• _PROMPT_: Determine how many lines in the entries below include the word "Backs", and reply with that number alone.

• _Collected data_:

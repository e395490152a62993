-- ===== src/Input/Trace.antt =====
-- Traces of an input worker: what justifies a commit, and what settles a message.
pub mod Grow
pub mod Flush
pub mod Prepare
pub mod Steps
pub mod Consume
use market_data_backend.Prelude.{ℕ, List, [], ◌∷◌, ◌≡◌, refl, ◌⊎◌, inl, inr}
use market_data_backend.Prelude.Int.{ℤ}
use market_data_backend.Input.Types.{
  Message, PendingRecord, FactBatch, Effect, wrote, poisoned, committed, notified,
}
use market_data_backend.Input.Flush.{trades_of, klines_of, deltas_of}

-- The database holds this offset: as the progress of a batch, or as a poison record.
abbrev pub Backs : ℕ → ℤ → Effect → Type 0
Backs p o (wrote batch rs) =
    (batch.progress.kafka_partition ≡ p) × (batch.progress.durable_offset ≡ o)
Backs p o (poisoned r) = (r.partition ≡ p) × (r.offset ≡ o)
Backs p o (committed q x) = ⊥
Backs p o (notified d) = ⊥

abbrev pub Backed : ℕ → ℤ → List Effect → Type 0
Backed p o [] = ⊥
Backed p o (effect ∷ log) = Backs p o effect ⊎ Backed p o log

-- A batch holds the facts of its records, all of them and in their order.
pub record IsBatch (batch : FactBatch) (rs : List PendingRecord) : Type 0 where
  pub all_trades : batch.trades ≡ trades_of rs
  pub all_klines : batch.klines ≡ klines_of rs
  pub all_deltas : batch.order_book_deltas ≡ deltas_of rs

-- What an effect needs of the effects before it.
abbrev pub Allowed : Effect → List Effect → Type 0
Allowed (wrote batch rs) log = IsBatch batch rs
Allowed (poisoned r) log = Unit
Allowed (committed p o) log = Backed p o log
Allowed (notified d) log = Unit

-- Each commit follows a write of the very offset, and each batch holds all facts of its records.
abbrev pub IsJustified : List Effect → Type 0
IsJustified [] = Unit
IsJustified (effect ∷ log) = Allowed effect log × IsJustified log

abbrev pub InRecords : Message → List PendingRecord → Type 0
InRecords m [] = ⊥
InRecords m (r ∷ rs) = (r.msg ≡ m) ⊎ InRecords m rs

abbrev pub Settles : Message → Effect → Type 0
Settles m (wrote batch rs) = InRecords m rs
Settles m (poisoned r) = (r.partition ≡ m.partition) × (r.offset ≡ m.offset)
Settles m (committed p o) = ⊥
Settles m (notified d) = ⊥

-- The message went into a batch in the database, or into a poison record.
abbrev pub Settled : Message → List Effect → Type 0
Settled m [] = ⊥
Settled m (effect ∷ log) = Settles m effect ⊎ Settled m log
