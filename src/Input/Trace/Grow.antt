-- ===== src/Input/Trace/Grow.antt =====
-- What every step of the worker does to its trace: it only adds effects, and justified ones.
use Prim.Native.String.{◌++◌}
use market_data_backend.Prelude.{
  String, Bool, true, false, List, [], ◌∷◌, ◌≡◌, refl, ◌∙◌, sym, subst, inr, if◌then◌else◌, ◌==◌,
  String_eq,
}
use market_data_backend.Model.ActualStatus
use market_data_backend.Model.StreamKind
use market_data_backend.Model.{OrderBookDelta}
use market_data_backend.Input.Types.{Message, PendingRecord, Effect, notified, InputWorker}
use market_data_backend.Input.Status.{set_status}
use market_data_backend.Input.Flush.{
  Attempt, succeeded, failed_with, cancelled, retry, note, notify, notify_batch, deltas_of,
}
use market_data_backend.Input.Trace.{Allowed, IsJustified, Settled}

pub data Extends (old : List Effect) : List Effect → Type 0 where
  here : Extends old old
  more : {log : List Effect} (effect : Effect) → Extends old log → Extends old (effect ∷ log)

Extends-trans : {a b c : List Effect} → Extends a b → Extends b c → Extends a c
Extends-trans p here = p
Extends-trans p (more effect q) = more effect (Extends-trans p q)

pub Settled-Extends : (m : Message) {a b : List Effect} → Extends a b → Settled m a → Settled m b
Settled-Extends m here s = s
Settled-Extends m (more effect p) s = inr (Settled-Extends m p s)

-- `w` comes from `v` by steps of the worker.
pub record Grows (v w : InputWorker) : Type 0 where
  pub extends : Extends v.log w.log
  pub justified : IsJustified v.log → IsJustified w.log
  pub same_batch : w.batch ≡ v.batch

pub Grows-refl : (v : InputWorker) → Grows v v
Grows-refl v = record { extends = here; justified = λ h. h; same_batch = refl }

pub Grows-trans : {u v w : InputWorker} → Grows u v → Grows v w → Grows u w
Grows-trans p q = record {
  extends = Extends-trans p.extends q.extends;
  justified = λ h. q.justified (p.justified h);
  same_batch = q.same_batch ∙ p.same_batch;
}

-- A step that leaves the trace alone.
pub Grows-same : (v w : InputWorker) → w.log ≡ v.log → w.batch ≡ v.batch → Grows v w
Grows-same v w e b = record {
  extends = subst (Extends v.log) (sym e) here;
  justified = subst IsJustified (sym e);
  same_batch = b;
}

pub Grows-note :
    (v : InputWorker) (effect : Effect) → Allowed effect v.log → Grows v (note v effect)
Grows-note v effect a = record {
  extends = more effect here;
  justified = λ h. (a, h);
  same_batch = refl;
}

pub retry-Grows :
    (what : String) (v : InputWorker) (as_ : List Attempt) → Grows v (retry what v as_).0
unfolding retry set_status
retry-Grows what v [] = Grows-refl v
retry-Grows what v (succeeded ∷ _) = Grows-refl v
retry-Grows what v (failed_with e ∷ attempts) =
    let marked = set_status v ActualStatus.error (what ++ e) in
    Grows-trans (Grows-same v marked refl refl) (retry-Grows what marked attempts)
retry-Grows what v (cancelled ∷ _) = Grows-refl v

notify-Grows : (v : InputWorker) (ds : List OrderBookDelta) → Grows v (notify v ds)
unfolding notify
notify-Grows v [] = Grows-refl v
notify-Grows v (d ∷ ds) =
    Grows-trans (Grows-note v (notified d) tt) (notify-Grows (note v (notified d)) ds)

Grows-if : (b : Bool) (v x y : InputWorker) → Grows v x → Grows v y → Grows v (if b then x else y)
Grows-if true v x y p q = p
Grows-if false v x y p q = q

pub notify_batch-Grows : (v : InputWorker) (rs : List PendingRecord) → Grows v (notify_batch v rs)
unfolding notify_batch
notify_batch-Grows v rs =
    let ds = deltas_of rs in
    let delta_kind = v.input.stream_kind == StreamKind.order_book_delta in
    Grows-if v.has_callback v (if delta_kind then notify v ds else v) v
      (Grows-if delta_kind v (notify v ds) v (notify-Grows v ds) (Grows-refl v)) (Grows-refl v)
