-- ===== src/Input/Trace/Flush.antt =====
-- `flushBatch` writes all facts of a batch before it commits, and settles its messages.
use market_data_backend.Prelude.{
  ℕ_eq, ℕ, String, Bool, true, false, List, [], ◌∷◌, Option, none, some, ◌≡◌, refl, inl, inr,
  last_or,
}
use market_data_backend.Prelude.Map
use market_data_backend.Prelude.Int.{ℤ}
use market_data_backend.Model.{Time}
use market_data_backend.Input.Config.{input_id}
use market_data_backend.Input.Types.{
  Message, PendingRecord, FactBatch, Effect, wrote, committed, InputWorker,
}
use market_data_backend.Input.Status.{advance, set_status}
use market_data_backend.Input.Flush.{
  retry, note, batch_of, cursor_progress, cursor_of, notify_batch, after_commit, FlushAnswers,
  commit_batch, write_batch, flush_batch,
}
use market_data_backend.Input.Trace.{IsBatch, Backed, InRecords, Settled}
use market_data_backend.Input.Trace.Grow.{
  Extends, here, more, Grows, Grows-refl, Grows-trans, Grows-same, Grows-note, Settled-Extends,
  retry-Grows, notify_batch-Grows,
}

batch_of-IsBatch :
    (v : InputWorker) (rs : List PendingRecord) (last : Message) → IsBatch (batch_of v rs last) rs
unfolding batch_of
batch_of-IsBatch v rs last = record { all_trades = refl; all_klines = refl; all_deltas = refl }

cursor_progress-Backs :
    (id : String) (last : Message) (cursor : Option _)
    → ((cursor_progress id last cursor).kafka_partition ≡ last.partition)
      × ((cursor_progress id last cursor).durable_offset ≡ last.offset)
unfolding cursor_progress
cursor_progress-Backs id last none = (refl, refl)
cursor_progress-Backs id last (some cursor) = (refl, refl)

after_commit-Grows :
    (v : InputWorker) (rs : List PendingRecord) (last : Message) (now : Time)
    → Backed last.partition last.offset v.log
    → Grows v (after_commit v rs last now)
unfolding after_commit advance set_status
after_commit-Grows v rs last now b =
    let noted = note v (committed last.partition last.offset) in
    let durable = record noted {
      durable_by_partition = Map.insert last.partition last.offset v.durable_by_partition;
    } in
    let told = notify_batch durable rs in
    Grows-trans (Grows-note v (committed last.partition last.offset) b) (
      Grows-trans (Grows-same noted durable refl refl) (
        Grows-trans (notify_batch-Grows durable rs)
          (Grows-same told (after_commit v rs last now) refl refl)))

-- What a flush of `rs` that began at `v` came to: its trace, and on success all its messages settled.
pub record IsOutcome (v : InputWorker) (rs : List PendingRecord) (r : InputWorker × Bool)
    : Type 0 where
  pub grows : Grows v r.0
  pub settles : r.1 ≡ true → (m : Message) → InRecords m rs → Settled m r.0.log

stopped-IsOutcome :
    (v : InputWorker) (rs : List PendingRecord) (w : InputWorker)
    → Grows v w
    → IsOutcome v rs (w, false)
stopped-IsOutcome v rs w g = record { grows = g; settles = λ e. absurd (cc e) }

commit_batch-IsOutcome :
    (v : InputWorker) (rs : List PendingRecord) (last : Message) (now : Time)
    (r : InputWorker × Bool)
    → Grows v r.0
    → Backed last.partition last.offset r.0.log
    → ((m : Message) → InRecords m rs → Settled m r.0.log)
    → IsOutcome v rs (commit_batch r rs last now)
commit_batch-IsOutcome v rs last now (w, false) g b s = stopped-IsOutcome v rs w g
commit_batch-IsOutcome v rs last now (w, true) g b s =
    let after = after_commit-Grows w rs last now b in
    record {
      grows = Grows-trans g after;
      settles = λ _ m inside. Settled-Extends m after.extends (s m inside);
    }

Backed-Extends : (p : ℕ) (o : ℤ) {a b : List Effect} → Extends a b → Backed p o a → Backed p o b
Backed-Extends p o here s = s
Backed-Extends p o (more effect q) s = inr (Backed-Extends p o q s)

write_batch-IsOutcome :
    (v : InputWorker) (batch : FactBatch) (rs : List PendingRecord) (last : Message)
    (a : FlushAnswers) (r : InputWorker × Bool)
    → Grows v r.0
    → IsBatch batch rs
    → (batch.progress.kafka_partition ≡ last.partition)
      × (batch.progress.durable_offset ≡ last.offset)
    → IsOutcome v rs (write_batch r batch rs last a)
write_batch-IsOutcome v batch rs last a (w, false) g whole at = stopped-IsOutcome v rs w g
write_batch-IsOutcome v batch rs last a (w, true) g whole at =
    let stored = note w (wrote batch rs) in
    let tried = retry-Grows "commit: " stored a.commits in
    commit_batch-IsOutcome v rs last a.now (retry "commit: " stored a.commits)
      (Grows-trans g (Grows-trans (Grows-note w (wrote batch rs) whole) tried))
      (Backed-Extends last.partition last.offset tried.extends (inl at))
      (λ m inside. Settled-Extends m tried.extends (inl inside))

pub flush_batch-IsOutcome :
    (v : InputWorker) (rs : List PendingRecord) (a : FlushAnswers)
    → IsOutcome v rs (flush_batch v rs a)
unfolding flush_batch
flush_batch-IsOutcome v [] a = record {
  grows = Grows-refl v;
  settles = λ _ m inside. absurd inside;
}
flush_batch-IsOutcome v (r ∷ rs) a =
    let last = (last_or r rs).msg in
    write_batch-IsOutcome v (batch_of v (r ∷ rs) last) (r ∷ rs) last a (retry "write: " v a.writes)
      (retry-Grows "write: " v a.writes) (batch_of-IsBatch v (r ∷ rs) last)
      (unfold batch_of in
        cursor_progress-Backs (input_id v.input) last (cursor_of v last.partition))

• _RESPONSE AREA_: 10